В комнату с балкона ступил человек. Патриарх метнул испуганный взгляд на Ефима. Тот опрометью обернулся, ухватившись за оружие, но через мгновение силой улыбнулся.
– Черт! О, извините, Ваше Святейшество.
Патриарх выдохнул, положа руку на сердце, и перекрестил хозяина, даря прощение.
– Умеете эффектно появляться, – сказал Ефим гостю, убирая руку от кобуры. — Я не верил, что кто-то способен пройти через мои границы, да еще на этот этаж. Как вам удалось?
- Методы, - ответил мужчина и уселся без приглашения, таким образом провозглашая часть приветствий завершенной.
— Он прошел мимо ваших людей сюда, сын мой, — закряхтел Патриарх и подмигнул Ефиму.
Тот мысленно обозвал священника старым говнюком, сжал губы и наполнил третий бокал. Гость поставил вино перед собой на стол, не скинув запинала.
Новоприбывший оказался господином невысоким и широкоплечим, плащ покрывал его приземистую фигуру, а глубокий капюшон скрывал лицо: виднелась только изуродованная сединой бородка.
— Я останусь инкогнито, — сказал гость Патриарху. – Можете звать меня Рахманом.
- Как хотите, - тот пожал плечами. — Если после долгих переговоров глава Тайной Стражи считает, что вы можете помочь... Надеюсь, так оно и есть. Потому что мое время стоит дорого.
— Тогда без лишних предисловий перейдем к делу, — гость обратился к Кривденко с непонятной интонацией: то ли спрашивал, то ли ставил перед фактом.
– Прошу, – Ефим крутнул глобус.
Голову беспокоило, что назвавшийся Рахманом залез на его балкон незамеченным. Каким образом он это сделал, но охрана — удвоенная охрана, черт возьми! — без исключения получит строгий выговор.

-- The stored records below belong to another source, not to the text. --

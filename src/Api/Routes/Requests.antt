-- ===== src/Api/Routes/Requests.antt =====
-- How a POST of /sponsorship/request is answered, step by step.
pub mod Refusals
pub mod Answers
use arcpass.Prelude.{Bool, Option, List, ◌&&◌}
use arcpass.Store.{Database}
use arcpass.Api.Actions.{ApiStore}
use arcpass.Api.Responses.{Violation}
use arcpass.Api.RateLimits.{RateConfig}
use arcpass.Api.Replay.{Request}
use arcpass.Api.Routes.{Headers, Platform, PostReply}
use arcpass.Api.Routes.Requests.Answers
use arcpass.Api.Routes.Requests.Answers.{HooksPass}

module _ (is_production : Bool) (config : RateConfig) (platform : Platform)
    (validate : Request → Option (List Violation)) (request : Request) (headers : Headers)
    (s : ApiStore) where
  abbrev Answered : Database → PostReply × ApiStore → Type 0
  Answered = Answers.Answered config platform validate request headers s

  abbrev Passed : ApiStore → Type 0
  Passed = HooksPass config platform validate request headers s
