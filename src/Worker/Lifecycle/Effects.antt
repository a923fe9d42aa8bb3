-- ===== src/Worker/Lifecycle/Effects.antt =====
-- Every call of a lifecycle operation either changes nothing or makes exactly one known write.
use arcpass.Prelude.{ℕ, suc, ◌+◌, ◌≡◌, true, false, Option, none, some, leb}
use arcpass.SponsorshipTypes.{
  SponsorshipStatus, approved, RelayStatus, submitted, is_valid_sponsorship_transition,
  is_valid_relay_transition,
}
use arcpass.Store.{SponsorshipRequest, RelayTransaction}
use arcpass.Worker.Tx.{
  State, Host, ok, err, max_relay_attempts, request_not_found, invalid_transition, relay_not_found,
  invalid_relay_transition,
}
use arcpass.Worker.Lifecycle.{
  success, failure, status_timestamp_field, set_status, find_request, write_request, transition_row,
  transition_found, transition_sponsorship_status, create_relay_transaction, retry_count, new_relay,
  add_relay, relay_timestamp_field, RelayData, set_relay, find_relay, write_relay, update_found,
  update_relay_row, update_relay_transaction,
}

-- The stamp for a status at the clock's n-th reading, and the readings after it.
abbrev pub stamp_at : {F : Type 0} → Host → Option F → ℕ → Option (F × ℕ)
stamp_at host none n = none
stamp_at host (some field) n = some (field, host.clock n)

abbrev pub reads_after : {F : Type 0} → Option F → ℕ → ℕ
reads_after none n = n
reads_after (some field) n = suc n

abbrev pub after_transition : Host → ℕ → SponsorshipStatus → State → State
after_transition host id new s = record s {
  db = write_request id (set_status new (stamp_at host (status_timestamp_field new) s.reads)) s.db;
  reads = reads_after (status_timestamp_field new) s.reads;
}

abbrev pub after_update : Host → ℕ → RelayStatus → RelayData → State → State
after_update host id new d s = record s {
  db = write_relay id (set_relay new (stamp_at host (relay_timestamp_field new) s.reads) d) s.db;
  reads = reads_after (relay_timestamp_field new) s.reads;
}

abbrev pub created_at : Host → ℕ → State → RelayTransaction
created_at host id s = new_relay (host.new_relay_id s.db.relays) id (retry_count id s.db + 1)

abbrev pub after_create : Host → ℕ → State → State
after_create host id s = record s { db = add_relay (created_at host id s) s.db }

module _ (host : Host) (id : ℕ) where
  -- A valid transition of a request that is there succeeds.
  pub transition-valid :
      (new : SponsorshipStatus) (s : State) (r : SponsorshipRequest)
      → find_request id s.db ≡ some r
      → is_valid_sponsorship_transition r.status new ≡ true
      → transition_sponsorship_status host id new s ≡ (ok success, after_transition host id new s)
  unfolding transition_sponsorship_status transition_found
  transition-valid approved s r found valid = rw (found, transition_row) (rw valid)
  transition-valid _ s r found valid = rw (found, transition_row) (rw valid)

  -- Any other call reports why, and changes nothing.
  pub transition-invalid :
      (new : SponsorshipStatus) (s : State) (r : SponsorshipRequest)
      → find_request id s.db ≡ some r
      → is_valid_sponsorship_transition r.status new ≡ false
      → transition_sponsorship_status host id new s
        ≡ (ok (failure (invalid_transition r.status new)), s)
  unfolding transition_sponsorship_status transition_found
  transition-invalid new s r found valid = rw (found, transition_row) (rw valid)

  pub transition-missing :
      (new : SponsorshipStatus) (s : State)
      → find_request id s.db ≡ none
      → transition_sponsorship_status host id new s ≡ (ok (failure request_not_found), s)
  unfolding transition_sponsorship_status
  transition-missing new s found = rw (found, transition_row)

  pub update-valid :
      (new : RelayStatus) (d : RelayData) (s : State) (r : RelayTransaction)
      → find_relay id s.db ≡ some r
      → is_valid_relay_transition r.status new ≡ true
      → update_relay_transaction host id new d s ≡ (ok success, after_update host id new d s)
  unfolding update_relay_transaction update_found
  update-valid submitted d s r found valid = rw (found, update_relay_row) (rw valid)
  update-valid _ d s r found valid = rw (found, update_relay_row) (rw valid)

  pub update-invalid :
      (new : RelayStatus) (d : RelayData) (s : State) (r : RelayTransaction)
      → find_relay id s.db ≡ some r
      → is_valid_relay_transition r.status new ≡ false
      → update_relay_transaction host id new d s
        ≡ (ok (failure (invalid_relay_transition r.status new)), s)
  unfolding update_relay_transaction update_found
  update-invalid new d s r found valid = rw (found, update_relay_row) (rw valid)

  pub update-missing :
      (new : RelayStatus) (d : RelayData) (s : State)
      → find_relay id s.db ≡ none
      → update_relay_transaction host id new d s ≡ (ok (failure relay_not_found), s)
  unfolding update_relay_transaction
  update-missing new d s found = rw (found, update_relay_row)

  pub create-below :
      (most : ℕ) (s : State)
      → leb most (retry_count id s.db) ≡ false
      → create_relay_transaction host id most s ≡ (
        ok (record { id = host.new_relay_id s.db.relays; relay_attempt = retry_count id s.db + 1 }),
        after_create host id s,
      )
  unfolding create_relay_transaction
  create-below most s below = rw below

  pub create-full :
      (most : ℕ) (s : State)
      → leb most (retry_count id s.db) ≡ true
      → create_relay_transaction host id most s ≡ (err (max_relay_attempts most id), s)
  unfolding create_relay_transaction
  create-full most s full = rw full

— Значит, господа, Серый Орден. Мистическое сообщество безумцев, подписавших соглашение с нечистым ради мощных сил, якобы используемых в защиту страны. Чернокнижники выставляют это безобразие за добродетель и получают от государства жалование и офицерские звания, а деяния их неотчетны никому, кроме гетмана лично.

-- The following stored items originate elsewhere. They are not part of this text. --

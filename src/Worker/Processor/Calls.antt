-- ===== src/Worker/Processor/Calls.antt =====
-- What each call of the processor does: it throws and leaves the state as it was, or it makes one
-- known write. Each rule proves a condition on the end of the call from the two.
use arcpass.Prelude.{ℕ, ◌+◌, ◌≡◌, true, false, inl, inr, some, leb, Bool-cases, Option-cases}
use arcpass.SponsorshipTypes.{
  SponsorshipStatus, RelayStatus, is_valid_sponsorship_transition, is_valid_relay_transition,
}
use arcpass.Store.{SponsorshipRequest, RelayTransaction, Wallet}
use arcpass.Worker.Tx.{State, Host, ProcessError, Branch, Outcome}
use arcpass.Worker.Lifecycle.{
  find_request, write_request, CreatedRelay, create_relay_transaction, retry_count, RelayData,
  find_relay,
}
use arcpass.Worker.Lifecycle.Effects.{
  after_transition, after_update, after_create, transition-valid, transition-invalid,
  transition-missing, update-valid, update-invalid, update-missing, create-below, create-full,
}
use arcpass.Worker.Processor.{
  must_transition, must_update, find_wallet, write_wallet, increment_count, increment_found,
  increment_sponsorship_count, explain_blocked, update_request, update_request_found,
}

module _ (E : ProcessError → State → Type 0) (s : State) (throws : (e : ProcessError) → E e s) where
  module _ (host : Host) (id : ℕ) where
    pub must_transition-Outcome :
        (new : SponsorshipStatus) (branch : Branch) (Q : Unit {0} → State → Type 0)
        → ((r : SponsorshipRequest)
            → find_request id s.db ≡ some r
            → is_valid_sponsorship_transition r.status new ≡ true
            → Q tt (after_transition host id new s))
        → Outcome E Q (must_transition host id new branch s)
    unfolding must_transition
    must_transition-Outcome new branch Q k = elim (Option-cases (find_request id s.db)) [
      | inl missing ↦ rw (transition-missing host id new s missing) (throws _)
      | inr (r, found) ↦ elim (Bool-cases (is_valid_sponsorship_transition r.status new)) [
        | inl valid ↦ rw (transition-valid host id new s r found valid) (k r found valid)
        | inr invalid ↦ rw (transition-invalid host id new s r found invalid) (throws _)
      ]
    ]

    pub must_update-Outcome :
        (relay_id : ℕ) (new : RelayStatus) (branch : Branch) (d : RelayData)
        (Q : Unit {0} → State → Type 0)
        → ((r : RelayTransaction)
            → find_relay relay_id s.db ≡ some r
            → is_valid_relay_transition r.status new ≡ true
            → Q tt (after_update host relay_id new d s))
        → Outcome E Q (must_update host id relay_id new branch d s)
    unfolding must_update
    must_update-Outcome relay_id new branch d Q k = elim (Option-cases (find_relay relay_id s.db)) [
      | inl missing ↦ rw (update-missing host relay_id new d s missing) (throws _)
      | inr (r, found) ↦ elim (Bool-cases (is_valid_relay_transition r.status new)) [
        | inl valid ↦ rw (update-valid host relay_id new d s r found valid) (k r found valid)
        | inr invalid ↦ rw (update-invalid host relay_id new d s r found invalid) (throws _)
      ]
    ]

    pub create-Outcome :
        (most : ℕ) (Q : CreatedRelay → State → Type 0)
        → (leb most (retry_count id s.db) ≡ false
            → Q
                (record {
                  id = host.new_relay_id s.db.relays;
                  relay_attempt = retry_count id s.db + 1;
                })
                (after_create host id s))
        → Outcome E Q (create_relay_transaction host id most s)
    create-Outcome most Q k = elim (Bool-cases (leb most (retry_count id s.db))) [
      | inl full ↦ rw (create-full host id most s full) (throws _)
      | inr below ↦ rw (create-below host id most s below) (k below)
    ]

  pub increment-Outcome :
      (wallet_id : ℕ) (Q : Unit {0} → State → Type 0)
      → ((w : Wallet)
          → find_wallet wallet_id s.db ≡ some w
          → Q tt (record s { db = write_wallet wallet_id increment_count s.db }))
      → Outcome E Q (increment_sponsorship_count wallet_id s)
  unfolding increment_sponsorship_count
  increment-Outcome wallet_id Q k = elim (Option-cases (find_wallet wallet_id s.db)) [
    | inl missing ↦ rw (missing, increment_found) (throws _)
    | inr (w, found) ↦ rw (found, increment_found) (k w found)
  ]

  pub explain-Outcome :
      (id : ℕ) (Q : Unit {0} → State → Type 0)
      → ((r : SponsorshipRequest)
          → find_request id s.db ≡ some r
          → Q tt (record s { db = write_request id explain_blocked s.db }))
      → Outcome E Q (update_request id explain_blocked s)
  explain-Outcome id Q k = elim (Option-cases (find_request id s.db)) [
    | inl missing ↦ rw (missing, update_request_found) (throws _)
    | inr (r, found) ↦ rw (found, update_request_found) (k r found)
  ]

– О, да, – процедил сквозь зубы Ефим.
Он имел немало резонов ненавидеть Орден: постоянные палки в колеса, присвоение громких дел, конфликты перекрестных компетенций, борьба за финансирование из казны. Честно и преданно Ефим пытался делать свое дело, а «легендарные» рыцари, едва не захлебывавшиеся своим мистическим пафосом, постоянно препятствовали ему и его людям. Чаша терпения наполнялась много лет, пока не треснула.
- Характерники заманивают в свои ряды детей... - начал было гость, когда священник горячо перебил его:
— Чтобы продлить нечестивые обряды и обратить новые души когтям дьявола! Выкрести! Слуги Сатаны!
Патриарх мгновенно взялся красными пятнами и взмахнул бокалом так яростно, так что разлил вино на стол. Только бы старика не ухватил, подумал Ефим.
– Несмываемый грех! Проклятые души, прикованные к земле...
Ефим хорошо знал эту песенку. Симеон в большинстве своем был прагматичным человеком (включая вопрос веры), но на сероманцах имел болезненный пунктик. Он провозглашал гневные пламенные речи против характерщиков множество раз — благодаря этому они с Ефимом и нашли общий язык.
— Святой трон Константинопольский...
Председателя Тайной стражи всегда подначивало спросить, как так случилось, что святой трон Константинопольский оказался в столице магометанской Османской империи, но он сдерживался. Некоторым соображениям нужно дать время настояться.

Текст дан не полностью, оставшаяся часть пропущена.